Resource Monitoring

TOC

Function Overview

Resource Monitoring in Alauda AI's Monitoring & Ops module provides real-time insights into the CPU, memory, GPU, token usage, and request metrics of your inference services. This feature helps you identify performance bottlenecks, optimize resource allocation, and ensure stable service operations.

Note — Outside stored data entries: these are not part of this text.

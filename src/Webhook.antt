-- ===== src/Webhook.antt =====
-- internal/webhook/pod_webhook.go: the mutating webhook that puts the gate on new pods. The decoder
-- and json.Marshal are parameters; PatchResponseFromRaw's two arguments stand for its result.
pub mod Gated
pub mod Gating
use aqua_scan_gate.Common.{
  ℕ, Text, codes, List, [], ◌∷◌, ◌++◌, Bool, true, false, ◌&&◌, not, Option, none, some, Result, ok,
  err, ◌==◌, is_key, if◌then◌else◌,
}
use aqua_scan_gate.Kube.{Container, Pod, SchedulingGate}
use aqua_scan_gate.Gate.{scheduling_gate_name, is_bypassed, has_scheduling_gate}

pub record PodMutator : Type 0 where
  pub excluded_namespaces : List (Text × Bool)
  pub included_namespaces : List (Text × Bool)
  pub excluded_images : List Text

unfoldable pub is_namespace_excluded : PodMutator → Text → Bool
is_namespace_excluded m ns = elim m.included_namespaces [
  | [] ↦ is_key ns m.excluded_namespaces
  | _ ∷ _ ↦ not (is_key ns m.included_namespaces)
]

-- excludedSet[image]
unfoldable pub listed : Text → List Text → Bool
unfolding ◌==◌
listed image [] = false
listed image (x ∷ xs) = if x == image then true else listed image xs

unfoldable pub all_listed : List Text → List Container → Bool
unfolding listed
all_listed images [] = true
all_listed images (c ∷ cs) = listed c.image images && all_listed images cs

unfoldable pub all_images_excluded : PodMutator → Pod → Bool
unfolding all_listed
all_images_excluded m pod = elim m.excluded_images [
  | [] ↦ false
  | _ ∷ _ ↦
      all_listed m.excluded_images pod.spec.init_containers
      && all_listed m.excluded_images pod.spec.containers
]

-- m[key] = value on a map[string]string
unfoldable pub set_entry : Text → Text → List (Text × Text) → List (Text × Text)
unfolding ◌==◌
set_entry key value [] = (key, value) ∷ []
set_entry key value ((k, v) ∷ m) =
    if k == key then (key, value) ∷ m else (k, v) ∷ set_entry key value m

abbrev pub gated_label : Text
gated_label = codes "scans.aquasec.community/gated"

unfoldable pub add_label : Option (List (Text × Text)) → Option (List (Text × Text))
unfolding set_entry
add_label none = some (set_entry gated_label (codes "true") [])
add_label (some labels) = some (set_entry gated_label (codes "true") labels)

-- the two assignments of `Handle` to the decoded pod
unfoldable pub add_gate : Pod → Pod
unfolding add_label
add_gate pod = record pod {
  labels = add_label pod.labels;
  spec = record pod.spec {
    scheduling_gates = pod.spec.scheduling_gates ++ record { name = scheduling_gate_name } ∷ [];
  };
}

pub data Reason : Type 0 where
  namespace_not_in_scope bypass_annotation gate_already_present all_images_excluded_reason : Reason

pub data Response (Raw : Type 0) : Type 0 where
  errored : ℕ → Text → Response Raw
  allowed : Reason → Response Raw
  patch_response_from_raw : Raw → Raw → Response Raw

pub record Request (Raw : Type 0) : Type 0 where
  pub namespace : Text
  pub object : Raw

module _ {Raw : Type 0} (decode : Raw → Result Text Pod) (marshal : Pod → Result Text Raw) where
  unfoldable pub marshaled : Raw → Result Text Raw → Response Raw
  marshaled object (ok raw) = patch_response_from_raw object raw
  marshaled object (err e) = errored 500 e

  unfoldable pub admit : PodMutator → Request Raw → Pod → Response Raw
  admit m req pod =
      if is_namespace_excluded m req.namespace
      then allowed namespace_not_in_scope
      else if is_bypassed pod
      then allowed bypass_annotation
      else if has_scheduling_gate pod scheduling_gate_name
      then allowed gate_already_present
      else if all_images_excluded m pod
      then allowed all_images_excluded_reason
      else marshaled req.object (marshal (add_gate pod))

  unfoldable pub handle : PodMutator → Request Raw → Response Raw
  handle m req = elim (decode req.object) [ err e ↦ errored 400 e | ok pod ↦ admit m req pod ]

It is particularly useful for scenarios such as:

  • Performance tuning: Diagnose high resource usage and adjust resource limits.
  • Anomaly detection: Monitor sudden spikes in resource consumption and request patterns.
  • Capacity planning: Analyze historical trends to scale resources efficiently.
  • Cost optimization: Track token usage and GPU utilization for budget management.

Main Features

  • Resource Monitoring:
    • CPU Usage: Displays absolute CPU usage (e.g., cores used).
    • CPU Utilization: Shows CPU usage as a percentage of allocated resources.
    • Memory Usage: Tracks actual memory consumption (e.g., in GB).
    • Memory Utilization: Displays memory usage as a percentage of allocated resources.
  • Computing Monitoring:
    • GPU Usage: Tracks GPU compute resource consumption.
    • GPU Utilization: Shows GPU usage as a percentage of allocated resources.
    • GPU Memory Usage: Monitors GPU memory consumption.
    • GPU Memory Utilization: Displays GPU memory usage as a percentage of allocated resources.
    • Note: MPS deployment mode does not support GPU compute and memory monitoring.
  • Other Monitoring:
    • Token Metrics: Tracks prompt and generation tokens (available for 'vllm' runtime services).
    • Request Metrics: Monitors response time (avg/tp50/p90/p95), QPS (success/fail), and traffic (in/out).
  • Time Range Selection: Analyze metrics over customizable periods (from 30 minutes to 7 days).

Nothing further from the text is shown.